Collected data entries
*****

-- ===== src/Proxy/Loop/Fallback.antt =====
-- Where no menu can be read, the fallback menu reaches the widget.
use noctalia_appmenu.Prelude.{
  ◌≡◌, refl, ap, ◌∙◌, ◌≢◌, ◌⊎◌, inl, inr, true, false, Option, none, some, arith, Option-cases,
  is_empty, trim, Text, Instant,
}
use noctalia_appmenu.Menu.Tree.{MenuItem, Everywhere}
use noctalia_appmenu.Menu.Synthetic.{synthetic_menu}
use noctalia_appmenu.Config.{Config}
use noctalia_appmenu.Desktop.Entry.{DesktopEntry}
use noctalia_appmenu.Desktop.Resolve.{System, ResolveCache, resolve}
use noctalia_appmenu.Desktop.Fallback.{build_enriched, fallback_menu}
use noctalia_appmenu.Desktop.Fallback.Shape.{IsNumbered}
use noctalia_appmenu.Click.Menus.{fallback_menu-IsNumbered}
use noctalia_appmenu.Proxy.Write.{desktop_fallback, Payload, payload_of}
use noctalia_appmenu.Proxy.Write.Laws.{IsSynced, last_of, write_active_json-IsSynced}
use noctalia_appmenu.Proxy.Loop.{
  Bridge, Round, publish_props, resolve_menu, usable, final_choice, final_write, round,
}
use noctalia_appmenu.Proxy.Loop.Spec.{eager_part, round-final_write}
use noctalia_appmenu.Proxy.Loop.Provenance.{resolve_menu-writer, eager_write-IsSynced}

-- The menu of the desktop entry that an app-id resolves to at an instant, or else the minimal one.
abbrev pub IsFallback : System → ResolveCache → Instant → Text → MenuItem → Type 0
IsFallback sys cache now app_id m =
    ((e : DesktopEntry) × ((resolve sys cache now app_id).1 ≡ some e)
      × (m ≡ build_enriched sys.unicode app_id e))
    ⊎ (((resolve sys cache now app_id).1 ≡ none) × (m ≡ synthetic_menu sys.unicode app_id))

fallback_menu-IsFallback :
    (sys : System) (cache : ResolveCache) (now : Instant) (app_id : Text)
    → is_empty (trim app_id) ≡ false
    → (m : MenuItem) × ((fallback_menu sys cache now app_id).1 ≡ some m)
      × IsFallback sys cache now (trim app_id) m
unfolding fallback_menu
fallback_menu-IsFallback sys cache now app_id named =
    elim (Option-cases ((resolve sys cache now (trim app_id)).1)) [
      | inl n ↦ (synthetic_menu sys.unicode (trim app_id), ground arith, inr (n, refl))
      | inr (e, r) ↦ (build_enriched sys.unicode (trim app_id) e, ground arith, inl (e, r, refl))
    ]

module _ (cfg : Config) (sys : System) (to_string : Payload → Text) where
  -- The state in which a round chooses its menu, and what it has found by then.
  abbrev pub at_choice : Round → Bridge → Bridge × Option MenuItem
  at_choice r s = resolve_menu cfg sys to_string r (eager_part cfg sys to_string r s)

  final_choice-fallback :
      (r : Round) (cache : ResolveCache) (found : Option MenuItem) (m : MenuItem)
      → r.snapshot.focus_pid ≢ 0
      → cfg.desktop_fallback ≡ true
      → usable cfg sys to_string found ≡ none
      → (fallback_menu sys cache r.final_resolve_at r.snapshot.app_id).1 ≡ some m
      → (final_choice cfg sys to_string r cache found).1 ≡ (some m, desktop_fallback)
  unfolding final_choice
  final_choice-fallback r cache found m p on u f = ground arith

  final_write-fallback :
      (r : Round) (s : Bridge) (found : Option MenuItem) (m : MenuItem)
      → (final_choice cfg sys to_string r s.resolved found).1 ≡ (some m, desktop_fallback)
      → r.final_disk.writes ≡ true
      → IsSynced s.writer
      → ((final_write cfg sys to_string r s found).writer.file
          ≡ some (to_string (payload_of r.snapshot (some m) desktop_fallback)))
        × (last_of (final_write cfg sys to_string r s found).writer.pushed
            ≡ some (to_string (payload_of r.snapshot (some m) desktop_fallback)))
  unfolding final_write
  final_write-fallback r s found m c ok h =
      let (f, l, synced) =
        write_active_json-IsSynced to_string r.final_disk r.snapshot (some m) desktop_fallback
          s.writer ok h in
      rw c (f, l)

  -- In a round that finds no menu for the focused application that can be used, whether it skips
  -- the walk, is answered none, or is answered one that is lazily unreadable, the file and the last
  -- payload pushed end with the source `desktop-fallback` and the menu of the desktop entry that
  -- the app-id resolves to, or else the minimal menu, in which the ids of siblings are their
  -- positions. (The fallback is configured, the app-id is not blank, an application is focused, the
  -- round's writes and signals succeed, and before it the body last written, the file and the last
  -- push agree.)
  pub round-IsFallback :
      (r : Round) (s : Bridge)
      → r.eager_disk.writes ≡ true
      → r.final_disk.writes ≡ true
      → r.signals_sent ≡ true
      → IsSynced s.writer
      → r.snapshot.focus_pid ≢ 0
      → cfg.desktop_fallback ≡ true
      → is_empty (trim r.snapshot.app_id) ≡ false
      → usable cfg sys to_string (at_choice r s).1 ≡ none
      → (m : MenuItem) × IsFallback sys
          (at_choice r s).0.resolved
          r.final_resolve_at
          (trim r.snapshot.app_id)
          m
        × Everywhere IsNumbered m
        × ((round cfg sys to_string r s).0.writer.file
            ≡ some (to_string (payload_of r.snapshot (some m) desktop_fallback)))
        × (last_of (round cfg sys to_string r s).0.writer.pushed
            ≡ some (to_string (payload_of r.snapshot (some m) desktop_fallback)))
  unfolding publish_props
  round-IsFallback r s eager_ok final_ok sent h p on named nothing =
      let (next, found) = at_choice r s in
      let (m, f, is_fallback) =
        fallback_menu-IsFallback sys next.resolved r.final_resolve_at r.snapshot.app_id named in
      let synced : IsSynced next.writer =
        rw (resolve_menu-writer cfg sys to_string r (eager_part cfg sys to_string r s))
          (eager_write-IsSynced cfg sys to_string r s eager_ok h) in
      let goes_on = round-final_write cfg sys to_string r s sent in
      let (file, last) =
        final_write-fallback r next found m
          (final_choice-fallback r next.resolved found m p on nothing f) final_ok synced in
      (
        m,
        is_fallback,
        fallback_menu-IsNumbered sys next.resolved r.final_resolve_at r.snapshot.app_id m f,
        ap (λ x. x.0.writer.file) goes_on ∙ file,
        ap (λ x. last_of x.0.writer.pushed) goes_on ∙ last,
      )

*****

→ **How to complete this task**
Go through the data above and return each line containing the string "IsFallback".

→ **Task solution**
abbrev pub IsFallback : System → ResolveCache → Instant → Text → MenuItem → Type 0
IsFallback sys cache now app_id m =
fallback_menu-IsFallback :
      × IsFallback sys cache now (trim app_id) m
fallback_menu-IsFallback sys cache now app_id named =
  pub round-IsFallback :
      → (m : MenuItem) × IsFallback sys
  round-IsFallback r s eager_ok final_ok sent h p on named nothing =
        fallback_menu-IsFallback sys next.resolved r.final_resolve_at r.snapshot.app_id named in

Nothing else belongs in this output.